Under the provisions of the 2023 ESPP, participants purchase common stock at 85% of the closing price of the Company’s common stock at the start or end of each six-month offering period, whichever is lower. On March 31, 2025, participants in the offering period ending March 31, 2025 purchased 29,350 shares of common stock at $1.46 per share. On March 28, 2025, participants in the offering period ending September 30, 2024 purchased 20,987 shares of common stock at $2.58 per share. While the purchase price for the offering period ending September 30, 2024 under the 2023 ESPP had been established as of September 30, 2024, the Company was unable to issue shares of its common stock until it became current with its required SEC filings.
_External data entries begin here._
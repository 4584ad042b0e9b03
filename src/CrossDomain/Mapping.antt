-- ===== src/CrossDomain/Mapping.antt =====
-- src/cloudnative_threatguard/correlation/cross_domain/models/mapping.py: bindings of cloud identities to
-- Kubernetes identities, and their registry.
use cloud_native_threat_guar.Prelude.{
  String, Bool, false, ◌&&◌, Option, none, some, List, ◌==◌, filter,
}
use cloud_native_threat_guar.Prelude.Dict
use cloud_native_threat_guar.Prelude.Dict.{Dict}
use cloud_native_threat_guar.Prelude.Json.{Fields}
use cloud_native_threat_guar.Prelude.Text.{lower, truthy}

pub data MappingMechanism : Type 0 where
  eks_access_entry aws_auth_configmap irsa pod_identity workload_identity azure_workload_identity
        explicit_config :
      MappingMechanism

pub record IdentityBinding : Type 0 where
  pub binding_id : String
  pub cloud_provider : String
  pub cloud_identity : String
  pub cloud_identity_type : String
  pub cluster : String
  pub kubernetes_identity : String
  pub namespace : String
  pub service_account : String
  pub workload : Option String
  pub mapping_mechanism : MappingMechanism
  pub is_active : Bool
  pub metadata : Fields

abbrev pub IdentityMappingRegistry : Type 0
IdentityMappingRegistry = Dict IdentityBinding

unfoldable pub register : IdentityMappingRegistry → IdentityBinding → IdentityMappingRegistry
unfolding Dict.put
register reg binding = Dict.put reg binding.binding_id binding

unfoldable pub get_all : IdentityMappingRegistry → List IdentityBinding
unfolding Dict.values
get_all reg = Dict.values reg

unfoldable pub find_by_cloud_identity : IdentityMappingRegistry → String → List IdentityBinding
unfolding Dict.values lower
find_by_cloud_identity reg cloud_identity =
    filter (λ b. lower b.cloud_identity == lower cloud_identity) (Dict.values reg)

abbrev pub same_workload : Option String → String → Bool
same_workload none workload = false
same_workload (some w) workload = truthy w && (lower w == lower workload)

unfoldable pub find_by_k8s_workload :
    IdentityMappingRegistry → String → String → List IdentityBinding
unfolding Dict.values lower
find_by_k8s_workload reg namespace workload =
    filter (λ b. (lower b.namespace == lower namespace) && same_workload b.workload workload)
      (Dict.values reg)

unfoldable pub find_by_service_account :
    IdentityMappingRegistry → String → String → List IdentityBinding
unfolding Dict.values lower
find_by_service_account reg namespace service_account =
    filter
      (λ b.
        (lower b.namespace == lower namespace)
        && (lower b.service_account == lower service_account))
      (Dict.values reg)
On March 28, 2024, participants in the offering period ending March 28, 2024 purchased 37,543 shares of common stock at $2.80 per share. At June 30, 2025, there were 252,120 shares of the Company’s common stock available for grant under the 2023 ESPP.

 

Stock-based Compensation

 

Stock-based compensation expense for the fiscal years ended June 30, 2025 and 2024 represents the estimated fair value of stock options and RSUs at the time of grant, and ESPP shares at the beginning of each offering period, amortized under the straight-line method over the expected vesting period and reduced for estimated forfeitures of options and RSUs. Forfeitures are estimated at the time of grant and revised, if necessary, in subsequent periods if actual forfeitures differ from original estimates. At June 30, 2025, the aggregate intrinsic value of exercisable stock options was zero.

 

The following table summarizes stock-based compensation expense for employee and non-employee stock option and RSU grants and ESPP participation:

 

         
    Year ended June 30,  
    2025     2024  
Research and development   $ 127,000     $ 236,000  
Selling and administrative     852,000       1,335,000  
Total stock-based compensation expense   $ 979,000     $ 1,571,000  

 

 

At June 30, 2025, the unamortized stock-based compensation expense relating to outstanding stock options and RSUs was approximately $729,000 and $312,000, respectively, and these amounts are expected to be expensed over the weighted-average remaining recognition period of 1.1 years and 0.9 years, respectively.